Exercise requirements:
If a line in the listing contains "patch", copy it out whole.

Entries supplied:
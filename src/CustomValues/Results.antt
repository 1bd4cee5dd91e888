-- ===== src/CustomValues/Results.antt =====
-- core/src/custom-values.ts, foldCustom: what a request that is let through writes, and which one is
-- refused.
use qwbe.Prelude.{
  String, Bool, true, false, not, ◌≡◌, refl, sym, ap, subst, ◌∙◌, ◌&&◌, ◌||◌, inl, inr, Option,
  none, some, List, ◌==◌, arith, true-ne-false, any, all, contains, eq_iff, eq_refl, nat_eq,
  Bool-cases,
}
use qwbe.CustomValues.{
  object, null, boolean, number, text, array, Fields, no_field, field, Library, CustomFieldDef,
  Fault, FoldResult, ok, refused, Mode, create, patch, custom_name, count_fields, get_field, assign,
  check_custom_object, Folded, Step, goes_on, stops, and_then, fold_key, fold_keys, has_value,
  missing_required, capped, returned, unless_missing, finished, nothing_folded, explicit_part,
  fold_fields, fold_custom,
}
use qwbe.CustomValues.Folding.{
  all_fields, assign-all_fields, is_accepted, is_custom_object, is_admitted, Holds, StepHolds,
  explicit_part-StepHolds, fold_keys-StepHolds, and_then-StepHolds,
}
use qwbe.CustomValues.Required.{
  field_of, custom_value, get_field-assign, count_fields-zero, missing_required-none,
  missing_required-some, all-of_nothing,
}
use qwbe.CustomValues.Keeping.{Keeps, Keeps-assign, has_no_twins, folded-Keeps}
use qwbe.CustomValues.Storing.{sent, folded-sent, value_has_no_twins}
use qwbe.CustomValues.Moving.{is_own, StepAll, Moves, fold_keys-Moves, Moves-moved, and_then-moved}

module _ (js : Library) (declared : List String) (defs : List CustomFieldDef) where
  abbrev pub has_required : Mode → Fields → Bool
  has_required create out =
      all (λ (d : CustomFieldDef). not d.required || has_value (custom_value out d.name)) defs
  has_required patch out = true

  abbrev pub demands : Mode → Bool
  demands create = any (λ (d : CustomFieldDef). d.required) defs
  demands patch = false

  -- The loops leave the declared fields, and the values that were sent.
  abbrev Carries : Fields → Folded → Type 0
  Carries fs f =
      Keeps js declared defs fs f.kept
      × ((name : String) → get_field f.custom name ≡ sent js declared defs fs name)

  -- What a payload becomes, and which one is refused.
  abbrev pub FoldEnds : Mode → Fields → FoldResult → Type 0
  FoldEnds mode fs (ok (object out)) =
      (all_fields (is_admitted js declared defs) out ≡ true)
      × (has_required mode out ≡ true)
      × Keeps js declared defs fs out
      × ((name : String) → custom_value out name ≡ sent js declared defs fs name)
  FoldEnds mode fs (ok null) = ⊥
  FoldEnds mode fs (ok (boolean b)) = ⊥
  FoldEnds mode fs (ok (number s)) = ⊥
  FoldEnds mode fs (ok (text s)) = ⊥
  FoldEnds mode fs (ok (array s)) = ⊥
  FoldEnds mode fs (refused fault) =
      (all_fields (is_own js declared defs) fs && not (demands mode)) ≡ false

  own-is_admitted :
      (fs : Fields)
      → all_fields (is_own js declared defs) fs ≡ true
      → all_fields (is_admitted js declared defs) fs ≡ true
  own-is_admitted no_field h = refl
  own-is_admitted (field key v fs) h = ground (arith, h, own-is_admitted fs)

  -- A payload of declared fields alone only fills what is kept.
  fold_keys-own :
      (fs : Fields) (f : Folded)
      → all_fields (is_own js declared defs) fs ≡ true
      → (k : Fields) × (fold_keys js declared defs fs f ≡ goes_on (record f { kept = k }))
  unfolding fold_keys fold_key
  fold_keys-own no_field f h = (f.kept, refl)
  fold_keys-own (field key v fs) f h =
      let own : contains declared key ≡ true = ground (arith, h) in
      rw own (fold_keys-own fs (record f { kept = assign f.kept key v }) (ground (arith, h, own)))

  get_field-own :
      (fs : Fields) (name : String)
      → contains declared name ≡ false
      → all_fields (is_own js declared defs) fs ≡ true
      → get_field fs name ≡ none
  unfolding get_field
  get_field-own no_field name free h = refl
  get_field-own (field key v fs) name free h = elim (Bool-cases (key == name)) [
    | inl same ↦ absurd (
        true-ne-false
          (sym (ground (arith, h)) ∙ (ap (contains declared) ((eq_iff key name).0 same) ∙ free)))
    | inr other ↦ rw other (get_field-own fs name free (ground (arith, h)))
  ]

  -- the custom object within its caps
  check_custom_object-none :
      (fs : Fields)
      → all_fields (is_accepted js declared defs) fs ≡ true
      → check_custom_object js fs ≡ none
      → is_custom_object js declared defs (object fs) ≡ true
  unfolding check_custom_object
  check_custom_object-none fs h k = ground (arith, h, k)

  capped-FoldEnds :
      (mode : Mode) (fs : Fields) (f : Folded)
      → all_fields (is_own js declared defs) fs ≡ false
      → Holds js declared defs f
      → contains declared custom_name ≡ false
      → Carries fs f
      → (o : Option Fault) → check_custom_object js f.custom ≡ o
      → has_required mode (assign f.kept custom_name (object f.custom)) ≡ true
      → FoldEnds mode fs (capped js o f)
  capped-FoldEnds mode fs f strange h free keeps (some fault) e r = ground (arith, strange)
  capped-FoldEnds mode fs f strange (kept, folded) free keeps none e r = (
    assign-all_fields (is_admitted js declared defs) f.kept custom_name (object f.custom)
        (own-is_admitted f.kept kept)
        (ground (arith, eq_refl custom_name, check_custom_object-none f.custom folded e)),
    r,
    Keeps-assign js declared defs fs f.kept (object f.custom) free keeps.0,
    λ name.
        ap (λ o. field_of o name) (get_field-assign f.kept custom_name (object f.custom))
        ∙ keeps.1 name,
  )

  -- The definitions that the mode demands have a value in the custom object.
  abbrev IsFilled : Mode → Fields → Type 0
  IsFilled create custom =
      all (λ (d : CustomFieldDef). not d.required || has_value (get_field custom d.name)) defs
      ≡ true
  IsFilled patch custom = Unit {0}

  IsFilled-assign :
      (mode : Mode) (kept custom : Fields)
      → IsFilled mode custom
      → has_required mode (assign kept custom_name (object custom)) ≡ true
  IsFilled-assign create kept custom h = rw (get_field-assign kept custom_name (object custom)) h
  IsFilled-assign patch kept custom h = refl

  IsFilled-empty :
      (mode : Mode) (out : Fields) → IsFilled mode no_field → has_required mode out ≡ true
  IsFilled-empty create out h = all-of_nothing defs (custom_value out) h
  IsFilled-empty patch out h = refl

  get_field-none :
      (custom : Fields) (name : String) → custom ≡ no_field → get_field custom name ≡ none
  unfolding get_field
  get_field-none custom name h = ap (λ fs. get_field fs name) h

  -- A payload of declared fields alone sends nothing for the custom object.
  own-sent :
      (fs : Fields) (name : String)
      → contains declared custom_name ≡ false
      → all_fields (is_own js declared defs) fs ≡ true
      → custom_value fs name ≡ sent js declared defs fs name
  own-sent fs name free own =
      let nothing : get_field fs custom_name ≡ none = get_field-own fs custom_name free own in
      elim (Bool-cases (contains declared name)) [
        | inl declares ↦ rw (nothing, declares) (ground arith)
        | inr strange ↦ rw (nothing, get_field-own fs name strange own) (ground arith)
      ]

  returned-FoldEnds :
      (mode : Mode) (fs : Fields) (f : Folded)
      → all_fields (is_own js declared defs) fs ≡ false
      → Holds js declared defs f
      → contains declared custom_name ≡ false
      → Carries fs f
      → f.moved ≡ true
      → IsFilled mode f.custom
      → FoldEnds mode fs (returned js fs f)
  returned-FoldEnds mode fs f strange h free keeps moved filled =
      elim (Bool-cases (nat_eq (count_fields f.custom) 0)) [
        | inr some_field ↦ rw some_field (
            capped-FoldEnds mode fs f strange h free keeps (check_custom_object js f.custom) refl
              (IsFilled-assign mode f.kept f.custom filled))
        | inl no_key ↦
            rw (no_key, moved)
              (
                own-is_admitted f.kept h.0,
                IsFilled-empty mode f.kept
                    (subst (IsFilled mode) (count_fields-zero f.custom no_key) filled),
                keeps.0,
                λ name.
                    ap (λ o. field_of o name) (get_field-own f.kept custom_name free h.0)
                    ∙ sym (get_field-none f.custom name (count_fields-zero f.custom no_key))
                    ∙ keeps.1 name,
              )
      ]

  unless_missing-FoldEnds :
      (fs : Fields) (f : Folded)
      → all_fields (is_own js declared defs) fs ≡ false
      → Holds js declared defs f
      → contains declared custom_name ≡ false
      → Carries fs f
      → f.moved ≡ true
      → (o : Option Fault) → missing_required defs f.custom ≡ o
      → FoldEnds create fs (unless_missing js o fs f)
  unless_missing-FoldEnds fs f strange h free keeps moved (some fault) e = ground (arith, strange)
  unless_missing-FoldEnds fs f strange h free keeps moved none e =
      returned-FoldEnds create fs f strange h free keeps moved
        (missing_required-none defs f.custom e)

  both_hold :
      (P Q : Folded → Type 0) (s : Step)
      → StepAll js declared defs P s
      → StepAll js declared defs Q s
      → StepAll js declared defs (λ g. P g × Q g) s
  both_hold P Q (stops fault) h k = tt
  both_hold P Q (goes_on g) h k = (h, k)

  strange-FoldEnds :
      (mode : Mode) (fs : Fields) (s : Step)
      → all_fields (is_own js declared defs) fs ≡ false
      → StepHolds js declared defs s
      → contains declared custom_name ≡ false
      → StepAll js declared defs (Carries fs) s
      → StepAll js declared defs (λ g. g.moved ≡ true) s
      → FoldEnds mode fs (finished js mode defs fs s)
  strange-FoldEnds mode fs (stops fault) strange h free keeps moved = ground (arith, strange)
  strange-FoldEnds create fs (goes_on f) strange h free keeps moved =
      unless_missing-FoldEnds fs f strange h free keeps moved (missing_required defs f.custom) refl
  strange-FoldEnds patch fs (goes_on f) strange h free keeps moved =
      returned-FoldEnds patch fs f strange h free keeps moved tt

  -- A payload of declared fields alone passes unchanged, unless a definition is required.
  own_missing :
      (fs : Fields) (f : Folded) (o : Option Fault)
      → contains declared custom_name ≡ false
      → all_fields (is_own js declared defs) fs ≡ true
      → f.custom ≡ no_field
      → f.moved ≡ false
      → missing_required defs no_field ≡ o
      → FoldEnds create fs (unless_missing js o fs f)
  unfolding count_fields
  own_missing fs f (some fault) free own e moved h =
      ground (arith, missing_required-some defs no_field fault h)
  own_missing fs f none free own e moved h =
      rw (e, moved)
        (
          own-is_admitted fs own,
          all-of_nothing defs (custom_value fs) (missing_required-none defs no_field h),
          λ key declares. refl,
          λ name. own-sent fs name free own,
        )

  own-FoldEnds :
      (mode : Mode) (fs : Fields) (k : Fields)
      → contains declared custom_name ≡ false
      → all_fields (is_own js declared defs) fs ≡ true
      → FoldEnds mode fs (finished js mode defs fs (goes_on (record nothing_folded { kept = k })))
  unfolding count_fields
  own-FoldEnds create fs k free own =
      own_missing fs (record nothing_folded { kept = k }) (missing_required defs no_field) free own
        refl refl refl
  own-FoldEnds patch fs k free own =
      (own-is_admitted fs own, refl, λ key declares. refl, λ name. own-sent fs name free own)

  -- Where the cube declares no field named `custom` and no name stands twice in the payload or in its
  -- custom object: what `foldCustom` lets through holds exactly the declared fields of the payload,
  -- each with its value, and at most a custom object beside them, of 32 fields and 8192 code units of
  -- JSON at most, whose every value is accepted by a definition of its name. Where the cube has
  -- definitions, that object has exactly the values of the undeclared keys and, for other names, of
  -- the custom object that was sent; otherwise it has none. At create it has a value for each
  -- required definition. A payload of declared fields alone is refused only at create, and only if
  -- a definition is required.
  pub fold_custom-FoldEnds :
      (mode : Mode) (fs : Fields)
      → contains declared custom_name ≡ false
      → has_no_twins fs ≡ true
      → value_has_no_twins (get_field fs custom_name) ≡ true
      → FoldEnds mode fs (fold_custom js (object fs) declared defs mode)
  unfolding fold_custom fold_fields
  fold_custom-FoldEnds mode fs free unique alone =
      elim (Bool-cases (all_fields (is_own js declared defs) fs)) [
        | inl own ↦
            let (k, e) = fold_keys-own fs nothing_folded own in
            rw (free, get_field-own fs custom_name free own, e) (own-FoldEnds mode fs k free own)
        | inr strange ↦
            let start = explicit_part js defs (get_field fs custom_name) in
            rw free (
              strange-FoldEnds mode fs (and_then start (fold_keys js declared defs fs)) strange
                (and_then-StepHolds js declared defs start (fold_keys js declared defs fs)
                  (explicit_part-StepHolds js declared defs (get_field fs custom_name))
                  (fold_keys-StepHolds js declared defs fs))
                free
                (both_hold (λ g. Keeps js declared defs fs g.kept)
                  (λ g. (name : String) → get_field g.custom name ≡ sent js declared defs fs name)
                  (and_then start (fold_keys js declared defs fs))
                  (folded-Keeps js declared defs fs unique)
                  (folded-sent js declared defs fs unique alone))
                (and_then-moved js declared defs start (fold_keys js declared defs fs) (λ g.
                  Moves-moved js declared defs g (fold_keys js declared defs fs g) (
                    subst
                      (λ b.
                        StepAll js declared defs (Moves js declared defs b g)
                          (fold_keys js declared defs fs g))
                      strange (fold_keys-Moves js declared defs fs g)))))
      ]
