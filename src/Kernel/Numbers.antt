-- ===== src/Kernel/Numbers.antt =====
-- The JavaScript numbers of a query string, and the integer arithmetic that the kernel does on them.
-- A finite double is an exact fraction; sums and products are exact here, where JavaScript rounds
-- above 2^53.
use qwbe.Prelude.{ℕ, zero, suc, ◌-◌, ◌/◌, ◌^◌, Bool, min, max, if◌then◌else◌}

-- `negsuc n` is -(n + 1).
pub data ℤ : Type 0 where
  pos : ℕ → ℤ
  negsuc : ℕ → ℤ

-- `finite negative n d` is n / (d + 1), with a minus sign if `negative`.
pub data JsNumber : Type 0 where
  nan infinity minus_infinity : JsNumber
  finite : (negative : Bool) (numerator denominator : ℕ) → JsNumber

abbrev pub negated : ℕ → ℤ
negated zero = pos 0
negated (suc n) = negsuc n

-- `Math.trunc` of a finite number.
abbrev pub trunc : Bool → ℕ → ℕ → ℤ
trunc negative n d = if negative then negated (n / suc d) else pos (n / suc d)

-- `Number.MAX_SAFE_INTEGER`.
abbrev pub max_safe_integer : ℕ
max_safe_integer = 2 ^ 53 - 1

-- `Math.min(MAX, Math.max(-MAX, z))`.
abbrev pub clamp_safe : ℤ → ℤ
clamp_safe (pos n) = pos (min max_safe_integer n)
clamp_safe (negsuc n) = negsuc (min (max_safe_integer - 1) n)

-- `Math.max(k, z)` for a natural number k.
abbrev pub at_least : ℕ → ℤ → ℕ
at_least k (pos n) = max k n
at_least k (negsuc n) = k
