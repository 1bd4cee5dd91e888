-- ===== src/Kernel/Paging.antt =====
-- core/src/kernel/pagination.ts: the page request, normalised from outside.
pub mod Bounds
use Prim.Native.Char.{code}
use Prim.Native.String
use qwbe.Prelude.{
  ℕ, zero, suc, ◌+◌, ◌-◌, ◌*◌, String, Bool, true, false, ◌&&◌, ◌||◌, Option, none, some, or_else,
  min, nat_eq, leb, if◌then◌else◌,
}
use qwbe.Kernel.Numbers.{
  ℤ, pos, JsNumber, nan, infinity, minus_infinity, finite, trunc, clamp_safe, at_least,
}

-- `DEFAULT_LIMIT`.
abbrev pub default_limit : ℕ
default_limit = 25

-- `MAX_LIMIT`.
abbrev pub max_limit : ℕ
max_limit = 200

pub record PageRequest : Type 0 where
  pub offset : ℕ
  pub limit : ℕ
  pub sort_by : Option String
  pub descending : Bool

-- What `pageRequest` is given: every part may be absent.
pub record PageParams : Type 0 where
  pub page : Option JsNumber
  pub offset : Option JsNumber
  pub limit : Option JsNumber
  pub sort_by : Option String
  pub descending : Option Bool

abbrev is_letter : ℕ → Bool
is_letter c = (leb 65 c && leb c 90) || (leb 97 c && leb c 122) || nat_eq c 95

abbrev is_digit : ℕ → Bool
is_digit c = leb 48 c && leb c 57

all_name : String → Bool
all_name String.[] = true
all_name (String.◌∷◌ c s) = (is_letter (code c) || is_digit (code c)) && all_name s

-- `FIELD_NAME.test(s)`: a letter or underscore, then letters, digits or underscores.
unfoldable pub is_field_name : String → Bool
unfolding all_name
is_field_name String.[] = false
is_field_name (String.◌∷◌ c s) = is_letter (code c) && all_name s

-- `finiteInt`
unfoldable pub finite_int : Option JsNumber → ℕ → ℤ
finite_int (some (finite negative n d)) fallback = clamp_safe (trunc negative n d)
finite_int none fallback = pos fallback
finite_int (some nan) fallback = pos fallback
finite_int (some infinity) fallback = pos fallback
finite_int (some minus_infinity) fallback = pos fallback

abbrev pub capped_limit : Option JsNumber → ℕ
capped_limit limit = min max_limit (at_least 1 (finite_int limit default_limit))

abbrev pub offset_of : Option JsNumber → Option JsNumber → ℕ → ℕ
offset_of none offset limit = at_least 0 (finite_int offset 0)
offset_of (some page) offset limit = (at_least 1 (finite_int (some page) 1) - 1) * limit

-- `p.sortBy && FIELD_NAME.test(p.sortBy) ? p.sortBy : undefined`
abbrev pub safe_sort : Option String → Option String
safe_sort none = none
safe_sort (some field) = if is_field_name field then some field else none

-- `pageRequest`
unfoldable pub page_request : PageParams → PageRequest
unfolding finite_int is_field_name
page_request p = record {
  offset = offset_of p.page p.offset (capped_limit p.limit);
  limit = capped_limit p.limit;
  sort_by = safe_sort p.sort_by;
  descending = or_else p.descending false;
}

Solved problem:
  Fault, FoldResult, ok, refused, Mode, create, patch, custom_name, count_fields, get_field, assign,
  has_required patch out = true
  demands patch = false
  IsFilled patch custom = Unit {0}
  IsFilled-assign patch kept custom h = refl
  IsFilled-empty patch out h = refl
  strange-FoldEnds patch fs (goes_on f) strange h free keeps moved =
      returned-FoldEnds patch fs f strange h free keeps moved tt
  own-FoldEnds patch fs k free own =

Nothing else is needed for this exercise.